▸ **Information shown**
-- ===== src/Lib.antt =====
-- AI Factory: the control plane, the reliability layer, the runtime, the integration and the assurance
-- gate of an agent factory, and the listings of its real-estate mission.
--
-- The factory runs missions. A mission is a set of tasks with dependencies; agents move the tasks
-- through a fixed set of states, and every move is gated and put on an audit ledger, from which the
-- mission can be rebuilt. Operations with side effects are attempted under a durable journal that
-- decides what follows an outcome. Incidents are handled by a store of their own, which asks the
-- runtime catalog whether a protected action is approved. What the factory builds, in packages with
-- scopes of their own, is integrated into one manifest, and released through an assurance gate, which
-- reviews the manifest in bounded cycles. One mission watches real-estate listings: it keeps the
-- versions of each listing and the events of its lifecycle, detects prices that diverge between
-- duplicates, and puts the findings before a reviewer.
--
-- The parts, and the files that model them:
--
--   factory/control_plane/state.py         ControlPlane/State: `TaskState`, `_ALLOWED` (allowed),
--                                          `TransitionContext`, `validate_transition`
--   factory/control_plane/ledger.py        ControlPlane/Ledger: `AuditLedger` is its list of events
--   factory/control_plane/graph.py         ControlPlane/Graph: `validate_graph`, `ready_tasks`
--   factory/control_plane/runner.py        ControlPlane/Runner: `MissionRunner` is a record; its
--                                          methods are actions on it; ControlPlane/Runner/Run has the
--                                          sequences of public calls
--   factory/control_plane/orchestration.py ControlPlane/Orchestration: the functions on task graphs
--   factory/control_plane/policy.py        ControlPlane/Policy, with `AgentRegistry` of registry.py
--   factory/control_plane/contracts.py     ControlPlane/Records: the records and their `validate`
--   factory/reliability/contracts.py       Reliability/Contracts: the records and their `validate`
--   factory/reliability/engine.py          Reliability/Engine: `ReliabilityDecisionEngine`
--   factory/reliability/store.py           Reliability/Store: `SQLiteReliabilityStore`, one table to a
--                                          field; Store/Journal and Store/Effects say what its methods
--                                          leave
--   factory/reliability/controller.py      Reliability/Controller: `DurableOperationController`;
--                                          Controller/Runs has the sequences of public calls
--   factory/reliability/recovery.py        Reliability/Recovery: `MissionRecoveryCoordinator`
--   factory/runtime/incidents.py           Runtime/Incidents: `IncidentResponseStore`; the methods are in
--                                          Incidents/Calls, the sequences of calls in Incidents/Runs
--   factory/runtime/catalog.py             Runtime/Catalog: `SQLiteRuntimeCatalog`; Runtime/Approved puts
--                                          it under the incident store
--   factory/runtime/sqlite_store.py        Runtime/Audit: `SQLiteAuditLedger`; Runtime/Missions:
--                                          `SQLiteMissionStore`
--   factory/runtime/mission_scope.py       Runtime/Scoped, with `PolicyEngineV0` of policy.py
--   factory/engineering_pod/contracts.py   Engineering: the work packages and their evidence
--   factory/engineering_pod/validator.py   Engineering/Scopes, and Engineering/Evidence for
--                                          `validate_evidence`
--   factory/engineering_pod/integration.py Engineering/Integration: `EngineeringIntegrationValidator`;
--                                          the manifest is in Assurance/Lifecycle
--   factory/assurance_pod/contracts.py     Assurance: the reports and their `validate`
--   factory/assurance_pod/validator.py     Assurance/Validator: `AssuranceValidator.decide`
--   factory/assurance_pod/lifecycle.py     Assurance/Lifecycle: `AssuranceLifecycle`
--   missions/real_estate/contracts.py      RealEstate/Listing: the listings; integrity.py is there too
--   missions/real_estate/inventory.py      RealEstate/Inventory: `SQLiteInventoryStore`;
--                                          Inventory/Calls has the methods, Inventory/Runs the
--                                          sequences of calls
--   missions/real_estate/anomalies.py      RealEstate/Anomalies: `DuplicatePriceDivergenceDetector`
--   missions/real_estate/review_queue.py   RealEstate/Review: `SQLiteTrustReviewStore` and
--                                          `TrustReviewCoordinator`, in Review/Calls; Review/Runs
--                                          has the sequences of calls
--   Base                                   what they share: tests, texts, lists, dictionaries, sorting,
--                                          results and actions
--   Tests.antt in each part                the definitions on concrete inputs
--
-- How the code is modelled. A method on a mutable object takes the object's state and gives back its
-- answer, or its error, and the state (Base/Action); what was written before a raise stays written,
-- and a database transaction undoes its own writes. Errors have one constructor for each `raise`. A
-- database table is a dictionary by its primary key, or a list of rows in the order of insertion; JSON
-- round trips are identities. Texts that range over a fixed set are data types; where the code meets
-- other texts before it has checked them, the type has a constructor for those. Counts are natural
-- numbers, so that the refusals of negative counts are left out; an elapsed time is an integer number
-- of microseconds; a metric is a whole count.
--
-- In the listings, prices and areas are naturals in a small unit, and scores are millionths; a
-- relative gap is compared as a fraction, by multiplication, where the code divides floating-point
-- numbers. A list stands for a set where only membership and emptiness are looked at.
--
-- SHA-256 of a canonical JSON text is a parameter, `digest`, of which nothing is assumed: what depends
-- on it says "or two events with one digest". The clock is a parameter: `clock n` is its reading at
-- the append of event `n + 1` of a runner, and in the incident store and in the catalog each call is
-- given its reading, `now`. A runner owns its ledger, and one of the database starts with the events
-- there. A controller has no trace sink: a sink is called last in a method, and what it returns is not
-- used.
--
-- Fuel: the depth-first search of `validate_graph` runs on one more step of depth than there are
-- nodes, since the visits that are open at once are of different nodes (ControlPlane/Graph/Depth). A
-- decimal numeral runs on one more step than the number, which has no more digits than that
-- (Base/Decimal). The search for what a change invalidates follows every dependency once: its fuel is
-- the number of the first tasks and of all dependencies, and one (ControlPlane/Orchestration/Fuel).
--
-- Not modelled: the design and research pods; the coordinators of the engineering and the assurance
-- pod, and the engineering plan's validator, which reads a design; the memory, interoperability,
-- qualification and evaluation packages; backups, archives, intake, adapters, tracing and reports;
-- search, alerts and presentation of the real-estate mission. The connection handling of SQLite and
-- the queries that only count, `metrics`, are left out of what is modelled.
pub mod Base
pub mod ControlPlane
pub mod Reliability
pub mod Runtime
pub mod RealEstate
pub mod Assurance
pub mod Engineering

▸ **Exercise goal**
Repeat exactly the lines of the listing above, from the one with "-- gate of an" down to the one with "on task graphs"; both of those lines belong in the range.

▸ **Result**
-- gate of an agent factory, and the listings of its real-estate mission.
--
-- The factory runs missions. A mission is a set of tasks with dependencies; agents move the tasks
-- through a fixed set of states, and every move is gated and put on an audit ledger, from which the
-- mission can be rebuilt. Operations with side effects are attempted under a durable journal that
-- decides what follows an outcome. Incidents are handled by a store of their own, which asks the
-- runtime catalog whether a protected action is approved. What the factory builds, in packages with
-- scopes of their own, is integrated into one manifest, and released through an assurance gate, which
-- reviews the manifest in bounded cycles. One mission watches real-estate listings: it keeps the
-- versions of each listing and the events of its lifecycle, detects prices that diverge between
-- duplicates, and puts the findings before a reviewer.
--
-- The parts, and the files that model them:
--
--   factory/control_plane/state.py         ControlPlane/State: `TaskState`, `_ALLOWED` (allowed),
--                                          `TransitionContext`, `validate_transition`
--   factory/control_plane/ledger.py        ControlPlane/Ledger: `AuditLedger` is its list of events
--   factory/control_plane/graph.py         ControlPlane/Graph: `validate_graph`, `ready_tasks`
--   factory/control_plane/runner.py        ControlPlane/Runner: `MissionRunner` is a record; its
--                                          methods are actions on it; ControlPlane/Runner/Run has the
--                                          sequences of public calls
--   factory/control_plane/orchestration.py ControlPlane/Orchestration: the functions on task graphs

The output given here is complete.